Posted on:2008-05-22Degree:DoctorType:Dissertation
Country:ChinaCandidate:H L MaoFull Text:PDF
GTID:1104360218958795Subject:Anesthesia
Abstract/Summary:PDF Full Text Request
Progression of critically ill patients from the systemic inflammatory response syndrome (SIRS) to the multiple organ dysfunction syndrome (MODS) acounts for more than 75% of deaths in adult surgical intensive care units. Currently there is no practical technique in clinic to predict the progression. This study explored a NMR-based metabonomic method as a diagnostic tool for the prediction because the progression was accompanied by metabolic changes.

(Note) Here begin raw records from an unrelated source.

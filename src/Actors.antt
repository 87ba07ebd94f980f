-- ===== src/Actors.antt =====
-- rekuest_next/actors/functional.py and rekuest_next/actors/base.py: how an actor runs one assignment
-- (`FunctionalActor.on_assign`, `SerializingActor.aget_locals`) and what it reports about it.
pub mod Reported
pub mod Tasks
pub mod Breaks
pub mod Endings
pub mod Delivered
mod Tests
use rekuest_next.Prelude.{
  ◌+◌, ◌-◌, ◌*◌, ◌/◌, String, ap, Bool, true, false, not, Option, none, some, List, [], ◌∷◌, ◌++◌,
  if◌then◌else◌, length, set, all,
}
use rekuest_next.Prelude.Dict.{Dict, get}
use rekuest_next.Objects.{◌>>=◌, set_field, Object, Fields, end, field}
use rekuest_next.Ports.{Ports}
use rekuest_next.Serialization.{Runtime}
use rekuest_next.Serialization.Shelving.{Shelve}
use rekuest_next.Serialization.Calls.{
  returned_values, same_length, Returned, shrink_outputs, expand_inputs,
}
use rekuest_next.Actors.Reported.{
  ActorMessage, progress, completed, failed, critical, log, yields, Ending, returned, raised,
  stopped,
}
use Prim.Native.String.{◌++◌ as concat}

-- What iterating over the function's results gives: each result with the agent's shelve as it is when the
-- result comes, then the end, an exception or the cancellation of the task.
pub data Results : Type 0 where
  ends raises cancels : Results
  gives : Returned → Shelve → Results → Results

-- A `SerializingActor`. The variables are interfaces under the names of the function's parameters.
pub record SerializingActor : Type 0 where
  pub args : Ports
  pub returns : Ports
  pub context_variables : Dict String
  pub write_state_variables : Dict String
  pub read_only_variables : Dict String
  pub dependency_variables : Dict String
  pub expand_inputs : Bool
  pub shrink_outputs : Bool

-- What the run meets. `locked` says whether the wait for the actor's locks ends, where the alternative is
-- that the task is cancelled; `proxy` is `AgentDependencyProxy(..., dependency_to_protocol(...))`;
-- `logs` is what the capture of the output has put into the list at the end of the run.
pub record Situation : Type 0 where
  pub locked : Bool
  pub shelve : Shelve
  pub contexts : Dict Object
  pub states : Dict Object
  pub proxy : String → Option Object
  pub iterator : Fields → Results
  pub capture : Bool
  pub logs : List String

pub record Run : Type 0 where
  pub reports : List ActorMessage
  pub outcome : Ending

-- One loop of `aget_locals`
unfoldable pub collect_locals : (String → Option Object) → Dict String → Fields → Option Fields
collect_locals fetch [] kwargs = some kwargs
collect_locals fetch ((key, interface) ∷ variables) kwargs = do
  v ← fetch interface
  collect_locals fetch variables (set_field kwargs key v)

-- The context, the state and the dependency arguments; `none` is an exception.
unfoldable pub aget_locals : SerializingActor → Situation → Option (Fields × Fields × Fields)
aget_locals actor s = do
  context_kwargs ← collect_locals (get s.contexts) actor.context_variables end
  written ← collect_locals (get s.states) actor.write_state_variables end
  state_kwargs ← collect_locals (get s.states) actor.read_only_variables written
  dependency_kwargs ← collect_locals s.proxy actor.dependency_variables end
  some (context_kwargs, state_kwargs, dependency_kwargs)

-- {**kwargs, **more}
unfoldable pub merge_kwargs : Fields → Fields → Fields
merge_kwargs kwargs end = kwargs
merge_kwargs kwargs (field k v more) = merge_kwargs (set_field kwargs k v) more

abbrev pub params_of : Fields → Fields × Fields × Fields → Fields
params_of input (context, state, dependency) =
    merge_kwargs (merge_kwargs (merge_kwargs input context) state) dependency

-- "".join(logs)
abbrev pub join : List String → String
join [] = ""
join (l ∷ ls) = concat l (join ls)

-- aflush_captured_logs
unfoldable pub flush : Situation → List ActorMessage
flush s = elim s.logs [ [] ↦ [] | l ∷ ls ↦ if s.capture then log (join (l ∷ ls)) ∷ [] else [] ]

-- How the loop over the results is left: at its end, by the return after a `SerializationError`, by another
-- exception, or by a cancellation.
pub data Exit : Type 0 where
  exhausted unserializable excepted aborted : Exit

-- `async with self.sync_context(...)`, after the first report
abbrev pub once_locked : Bool → Run → Run
once_locked true r = record r { reports = progress ∷ r.reports }
once_locked false r = record { reports = progress ∷ []; outcome = stopped }

module _ (rt : Runtime) where
  -- The body of `async for returns in self.aiterate_results(**params)`. All that `ashrink_return` raises
  -- is a `SerializationError`; the assertion on the number of returns is not.
  unfoldable pub iterate : SerializingActor → Results → List ActorMessage × Exit
  iterate actor ends = ([], exhausted)
  iterate actor raises = ([], excepted)
  iterate actor cancels = ([], aborted)
  iterate actor (gives r shelve rest) =
      elim (shrink_outputs rt actor.returns r (not actor.shrink_outputs) shelve) [
        | none ↦ (
          [],
          if same_length rt actor.returns (returned_values r) then unserializable else excepted,
        )
        | some (fs, t) ↦ let (reports, exit) = iterate actor rest in (yields fs ∷ reports, exit)
      ]

  unfoldable pub conclude : Situation → List ActorMessage × Exit → Run
  conclude s (reports, exhausted) = record {
    reports = reports ++ (flush s ++ completed ∷ []);
    outcome = returned;
  }
  conclude s (reports, unserializable) = record {
    reports = reports ++ failed ∷ [];
    outcome = returned;
  }
  conclude s (reports, excepted) = record {
    reports = reports ++ (flush s ++ critical ∷ []);
    outcome = returned;
  }
  conclude s (reports, aborted) = record { reports = reports; outcome = stopped }

  -- What follows once the locks are held
  unfoldable pub perform : SerializingActor → Situation → Fields → Run
  unfolding conclude iterate aget_locals
  perform actor s args =
      elim (expand_inputs rt actor.args args s.shelve (not actor.expand_inputs)) [
        | none ↦ record { reports = failed ∷ []; outcome = returned }
        | some input ↦ elim (aget_locals actor s) [
          | none ↦ record { reports = []; outcome = raised }
          | some locals ↦ conclude s (iterate actor (s.iterator (params_of input locals)))
        ]
      ]

  unfoldable pub on_assign : SerializingActor → Situation → Fields → Run
  unfolding perform
  on_assign actor s args = once_locked s.locked (perform actor s args)
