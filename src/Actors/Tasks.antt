-- ===== src/Actors/Tasks.antt =====
-- `Actor` of rekuest_next/actors/base.py: the messages that an actor is passed (`aprocess`, `on_pause`,
-- `on_resume`), the breakpoints of its tasks (`abreak`) and the futures at which they wait.
-- Between two awaits nothing else runs, so an execution is a list of steps. The wait of a `Cancel` for the
-- end of its task counts as one step with the end. An assignment hook that raises is left out.
use rekuest_next.Prelude.{
  String, ◌≡◌, Bool, true, false, not, Option, none, some, List, [], ◌∷◌, if◌then◌else◌,
}
use rekuest_next.Prelude.Dict.{Dict, get, has, put, remove}
use rekuest_next.Actors.Reported.{
  ActorMessage, cancelled, paused, resumed, Ending, returned, raised, stopped,
}

-- A task of the event loop: it runs, it waits for its break future, that future is set and the task is to
-- run again, or it is done.
pub data Phase : Type 0 where
  working waiting woken done : Phase

pub data BreakFuture : Type 0 where
  pending dropped : BreakFuture

-- The `kind` of an `AssignmentHook`
pub data HookKind : Type 0 where
  pause_hook resume_hook : HookKind

-- What an actor does that others see
pub data Event : Type 0 where
  sends : (task : String) → ActorMessage → Event
  calls_hook : (task : String) → Event

pub record Actor : Type 0 where
  pub running_asyncio_tasks : Dict Phase
  pub break_futures : Dict BreakFuture
  pub running_assignment_hooks : Dict HookKind

abbrev pub new_actor : Actor
new_actor = record { running_asyncio_tasks = []; break_futures = []; running_assignment_hooks = [] }

-- The actor afterwards, what it did, and whether an exception leaves the call.
abbrev pub Step : Type 0
Step = Actor × List Event × Bool

abbrev pub set_phase : String → Phase → Actor → Actor
set_phase task phase a = record a { running_asyncio_tasks = put a.running_asyncio_tasks task phase }

abbrev pub set_future : String → BreakFuture → Actor → Actor
set_future task future a = record a { break_futures = put a.break_futures task future }

-- `install_assignment_hook`
abbrev pub install_assignment_hook : String → HookKind → Actor → Actor
install_assignment_hook task kind a = record a {
  running_assignment_hooks = put a.running_assignment_hooks task kind;
}

-- The branch for `Assign`, with the message's `step`
unfoldable pub assign : String → Bool → Actor → Step
assign task step a =
    (set_phase task working (if step then set_future task pending a else a), [], false)

-- A task that waits takes its future with it when it is cancelled.
abbrev pub drop_future : String → Phase → Actor → Actor
drop_future task waiting a = set_future task dropped a
drop_future task phase a = a

-- `del self._running_asyncio_tasks[task]`
abbrev pub forget : String → Actor → Actor
forget task a = record a { running_asyncio_tasks = remove a.running_asyncio_tasks task }

-- `task.cancel()` and `await task`, which ends in one of three ways
unfoldable pub await_cancelled : String → Phase → Ending → Actor → Step
await_cancelled task phase stopped a =
    (forget task (drop_future task phase a), sends task cancelled ∷ [], false)
await_cancelled task phase returned a = (set_phase task done (drop_future task phase a), [], false)
await_cancelled task phase raised a = (set_phase task done (drop_future task phase a), [], true)

-- The branch for `Cancel`
unfoldable pub cancel : String → Ending → Actor → Step
unfolding await_cancelled
cancel task outcome a = elim (get a.running_asyncio_tasks task) [
  | none ↦ (a, [], false)
  | some done ↦ (a, sends task cancelled ∷ [], false)
  | some phase ↦ await_cancelled task phase outcome a
]

abbrev pub hook_calls : String → HookKind → Actor → List Event
hook_calls task pause_hook a = elim (get a.running_assignment_hooks task) [
  | some pause_hook ↦ calls_hook task ∷ []
  | _ ↦ []
]
hook_calls task resume_hook a = elim (get a.running_assignment_hooks task) [
  | some resume_hook ↦ calls_hook task ∷ []
  | _ ↦ []
]

unfoldable pub on_pause : String → Actor → Step
on_pause task a = (
  if has a.break_futures task then a else set_future task pending a,
  hook_calls task pause_hook a,
  false,
)

-- The task that waits for a future runs again once it is set.
abbrev pub woken_by : Option Phase → String → Actor → Actor
woken_by (some waiting) task a = set_phase task woken a
woken_by phase task a = a

abbrev pub rearm : Bool → String → Actor → Actor
rearm step task a =
    if step
    then set_future task pending a
    else record a { break_futures = remove a.break_futures task }

-- `set_result` of a future that is cancelled raises an `InvalidStateError`.
unfoldable pub on_resume : String → Bool → Actor → Step
on_resume task step a = elim (get a.break_futures task) [
  | none ↦ (a, hook_calls task resume_hook a, false)
  | some dropped ↦ (a, hook_calls task resume_hook a, true)
  | some pending ↦ (
    rearm step task (woken_by (get a.running_asyncio_tasks task) task a),
    hook_calls task resume_hook a,
    false,
  )
]

-- `abreak`, called by the code of a task, up to its await. To await a cancelled future is to be cancelled.
unfoldable pub abreak : String → Actor → Step
abreak task a = elim (get a.break_futures task) [
  | none ↦ (a, [], false)
  | some pending ↦ (set_phase task waiting a, sends task paused ∷ [], false)
  | some dropped ↦ (set_phase task done a, sends task paused ∷ [], false)
]

-- The rest of `abreak`
unfoldable pub wake : String → Actor → Step
wake task a = (set_phase task working a, sends task resumed ∷ [], false)

-- The messages, what the code of a task does, and the end of a task by itself
pub data Move : Type 0 where
  assigns : String → (step : Bool) → Move
  cancels : String → Ending → Move
  pauses : String → Move
  resumes : String → (step : Bool) → Move
  breaks : String → Move
  wakes : String → Move
  ends : String → Move
  installs : String → HookKind → Move

unfoldable pub move : Move → Actor → Step
unfolding assign cancel on_pause on_resume abreak wake
move (assigns task step) a = assign task step a
move (cancels task outcome) a = cancel task outcome a
move (pauses task) a = on_pause task a
move (resumes task step) a = on_resume task step a
move (breaks task) a = abreak task a
move (wakes task) a = wake task a
move (ends task) a = (set_phase task done a, [], false)
move (installs task kind) a = (install_assignment_hook task kind a, [], false)

-- What can happen: a new id for every assignment, and only what a task's phase lets its code do.
abbrev pub can : Move → Actor → Bool
can (assigns task step) a = not (has a.running_asyncio_tasks task)
can (breaks task) a = elim (get a.running_asyncio_tasks task) [ some working ↦ true | _ ↦ false ]
can (wakes task) a = elim (get a.running_asyncio_tasks task) [ some woken ↦ true | _ ↦ false ]
can (ends task) a = elim (get a.running_asyncio_tasks task) [ some working ↦ true | _ ↦ false ]
can (installs task kind) a = elim (get a.running_asyncio_tasks task) [
  | some working ↦ true
  | _ ↦ false
]
can m a = true

pub data Reach : Actor → Type 0 where
  starts : Reach new_actor
  moves : {a : Actor} → Reach a → (m : Move) → can m a ≡ true → Reach (move m a).0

Pattern recognition methods were used to analyze serum 1D 1H-NMR spectra in traumatic patient with SIRS and MODS. By using unsupervised principal component analysis (PCA) and supervised partial least squares-discriminant analysis (PLS-DA), critically ill patients could be distinguished from healthy controls. After a noise reduction by orthogonal signal correction (OSC), PLS-DA was able to clearly discriminate SIRS and MODS. The corresponding coefficients indicated that spectra responsible for the discrimination were located inδ3.06~3.86 NMR integral regions from SIRS, mainly composed of sugar and amino acid signals, andδ1.18~1.3 andδ4.02~ 4.1 integral regions of MODS, principally consisted of various proton signals of fatty acyl chains and glycerol backbone of lipids, along with creatinine and lactate. The results were consistent with the clinical observations that carbohydrate and amino acid levels changes in the early course of critical illness (SIRS stage) and significant disturbances in fat metabolism and development of organ abnormalities become the characteristics in the late stage (MODS). These data suggested that NMR-based metabonomic approach may be developed to predict the disease progress in critically ill patients.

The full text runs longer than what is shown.